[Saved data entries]
%%
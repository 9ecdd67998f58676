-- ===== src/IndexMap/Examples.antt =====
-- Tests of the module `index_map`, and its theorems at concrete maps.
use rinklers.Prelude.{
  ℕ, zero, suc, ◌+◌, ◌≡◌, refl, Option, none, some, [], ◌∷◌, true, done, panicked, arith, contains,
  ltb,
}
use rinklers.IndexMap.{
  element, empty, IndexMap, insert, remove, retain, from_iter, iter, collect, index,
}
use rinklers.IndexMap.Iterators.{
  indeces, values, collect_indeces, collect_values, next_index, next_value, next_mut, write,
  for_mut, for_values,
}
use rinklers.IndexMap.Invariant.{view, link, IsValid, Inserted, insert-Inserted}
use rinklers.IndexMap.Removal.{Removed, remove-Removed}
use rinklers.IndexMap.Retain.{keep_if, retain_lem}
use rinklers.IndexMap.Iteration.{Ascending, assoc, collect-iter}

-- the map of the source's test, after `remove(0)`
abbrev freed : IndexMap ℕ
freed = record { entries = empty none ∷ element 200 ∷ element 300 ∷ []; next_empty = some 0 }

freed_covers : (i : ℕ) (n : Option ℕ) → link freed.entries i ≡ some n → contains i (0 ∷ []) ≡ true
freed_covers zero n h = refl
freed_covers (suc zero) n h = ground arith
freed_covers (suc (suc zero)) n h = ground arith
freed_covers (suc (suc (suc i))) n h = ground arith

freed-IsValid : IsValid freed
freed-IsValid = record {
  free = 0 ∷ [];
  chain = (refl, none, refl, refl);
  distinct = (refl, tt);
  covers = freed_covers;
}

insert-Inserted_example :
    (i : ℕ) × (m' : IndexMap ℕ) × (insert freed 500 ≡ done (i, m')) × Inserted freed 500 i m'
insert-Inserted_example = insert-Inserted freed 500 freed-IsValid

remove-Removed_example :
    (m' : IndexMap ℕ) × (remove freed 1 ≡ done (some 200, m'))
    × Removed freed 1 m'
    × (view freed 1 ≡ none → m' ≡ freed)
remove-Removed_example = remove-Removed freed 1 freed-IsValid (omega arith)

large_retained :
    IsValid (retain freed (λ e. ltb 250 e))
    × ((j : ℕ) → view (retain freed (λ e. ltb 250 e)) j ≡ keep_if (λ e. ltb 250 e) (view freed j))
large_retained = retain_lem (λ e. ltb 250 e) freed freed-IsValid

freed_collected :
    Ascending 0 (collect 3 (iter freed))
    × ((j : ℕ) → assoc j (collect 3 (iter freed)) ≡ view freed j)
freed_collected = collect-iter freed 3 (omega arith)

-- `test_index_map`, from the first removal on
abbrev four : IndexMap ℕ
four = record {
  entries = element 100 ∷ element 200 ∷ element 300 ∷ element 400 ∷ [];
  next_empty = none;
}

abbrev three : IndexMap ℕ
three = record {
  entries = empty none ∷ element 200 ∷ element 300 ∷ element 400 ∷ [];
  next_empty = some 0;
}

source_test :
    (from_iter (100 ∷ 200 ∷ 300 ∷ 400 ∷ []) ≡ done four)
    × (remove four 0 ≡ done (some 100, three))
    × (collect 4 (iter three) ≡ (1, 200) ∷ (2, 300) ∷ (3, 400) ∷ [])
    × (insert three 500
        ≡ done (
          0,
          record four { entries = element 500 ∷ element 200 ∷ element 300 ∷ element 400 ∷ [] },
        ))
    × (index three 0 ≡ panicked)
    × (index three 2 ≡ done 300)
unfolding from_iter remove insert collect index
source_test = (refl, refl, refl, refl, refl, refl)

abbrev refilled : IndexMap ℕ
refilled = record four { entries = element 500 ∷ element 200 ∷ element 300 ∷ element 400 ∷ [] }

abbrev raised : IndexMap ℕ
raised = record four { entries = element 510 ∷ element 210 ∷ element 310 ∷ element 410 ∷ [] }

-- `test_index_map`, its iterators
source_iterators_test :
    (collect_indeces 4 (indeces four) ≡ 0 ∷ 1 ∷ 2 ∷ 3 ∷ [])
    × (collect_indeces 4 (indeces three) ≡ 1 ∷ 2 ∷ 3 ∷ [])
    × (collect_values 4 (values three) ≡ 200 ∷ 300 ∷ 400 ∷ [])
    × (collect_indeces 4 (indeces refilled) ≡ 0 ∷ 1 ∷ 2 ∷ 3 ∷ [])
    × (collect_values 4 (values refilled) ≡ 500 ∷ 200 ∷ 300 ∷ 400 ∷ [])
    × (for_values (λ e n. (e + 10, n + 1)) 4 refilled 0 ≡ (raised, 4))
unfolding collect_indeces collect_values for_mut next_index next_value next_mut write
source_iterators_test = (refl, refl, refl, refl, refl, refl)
%%
(WORK REQUEST):
Up to and including the line with "first removal on", restate the records above word for word from the very first line.

(EXPECTED OUTPUT):
repository 9ecdd67998f58676
-- ===== src/IndexMap/Examples.antt =====
-- Tests of the module `index_map`, and its theorems at concrete maps.
use rinklers.Prelude.{
  ℕ, zero, suc, ◌+◌, ◌≡◌, refl, Option, none, some, [], ◌∷◌, true, done, panicked, arith, contains,
  ltb,
}
use rinklers.IndexMap.{
  element, empty, IndexMap, insert, remove, retain, from_iter, iter, collect, index,
}
use rinklers.IndexMap.Iterators.{
  indeces, values, collect_indeces, collect_values, next_index, next_value, next_mut, write,
  for_mut, for_values,
}
use rinklers.IndexMap.Invariant.{view, link, IsValid, Inserted, insert-Inserted}
use rinklers.IndexMap.Removal.{Removed, remove-Removed}
use rinklers.IndexMap.Retain.{keep_if, retain_lem}
use rinklers.IndexMap.Iteration.{Ascending, assoc, collect-iter}

-- the map of the source's test, after `remove(0)`
abbrev freed : IndexMap ℕ
freed = record { entries = empty none ∷ element 200 ∷ element 300 ∷ []; next_empty = some 0 }

freed_covers : (i : ℕ) (n : Option ℕ) → link freed.entries i ≡ some n → contains i (0 ∷ []) ≡ true
freed_covers zero n h = refl
freed_covers (suc zero) n h = ground arith
freed_covers (suc (suc zero)) n h = ground arith
freed_covers (suc (suc (suc i))) n h = ground arith

freed-IsValid : IsValid freed
freed-IsValid = record {
  free = 0 ∷ [];
  chain = (refl, none, refl, refl);
  distinct = (refl, tt);
  covers = freed_covers;
}

insert-Inserted_example :
    (i : ℕ) × (m' : IndexMap ℕ) × (insert freed 500 ≡ done (i, m')) × Inserted freed 500 i m'
insert-Inserted_example = insert-Inserted freed 500 freed-IsValid

remove-Removed_example :
    (m' : IndexMap ℕ) × (remove freed 1 ≡ done (some 200, m'))
    × Removed freed 1 m'
    × (view freed 1 ≡ none → m' ≡ freed)
remove-Removed_example = remove-Removed freed 1 freed-IsValid (omega arith)

large_retained :
    IsValid (retain freed (λ e. ltb 250 e))
    × ((j : ℕ) → view (retain freed (λ e. ltb 250 e)) j ≡ keep_if (λ e. ltb 250 e) (view freed j))
large_retained = retain_lem (λ e. ltb 250 e) freed freed-IsValid

freed_collected :
    Ascending 0 (collect 3 (iter freed))
    × ((j : ℕ) → assoc j (collect 3 (iter freed)) ≡ view freed j)
freed_collected = collect-iter freed 3 (omega arith)

-- `test_index_map`, from the first removal on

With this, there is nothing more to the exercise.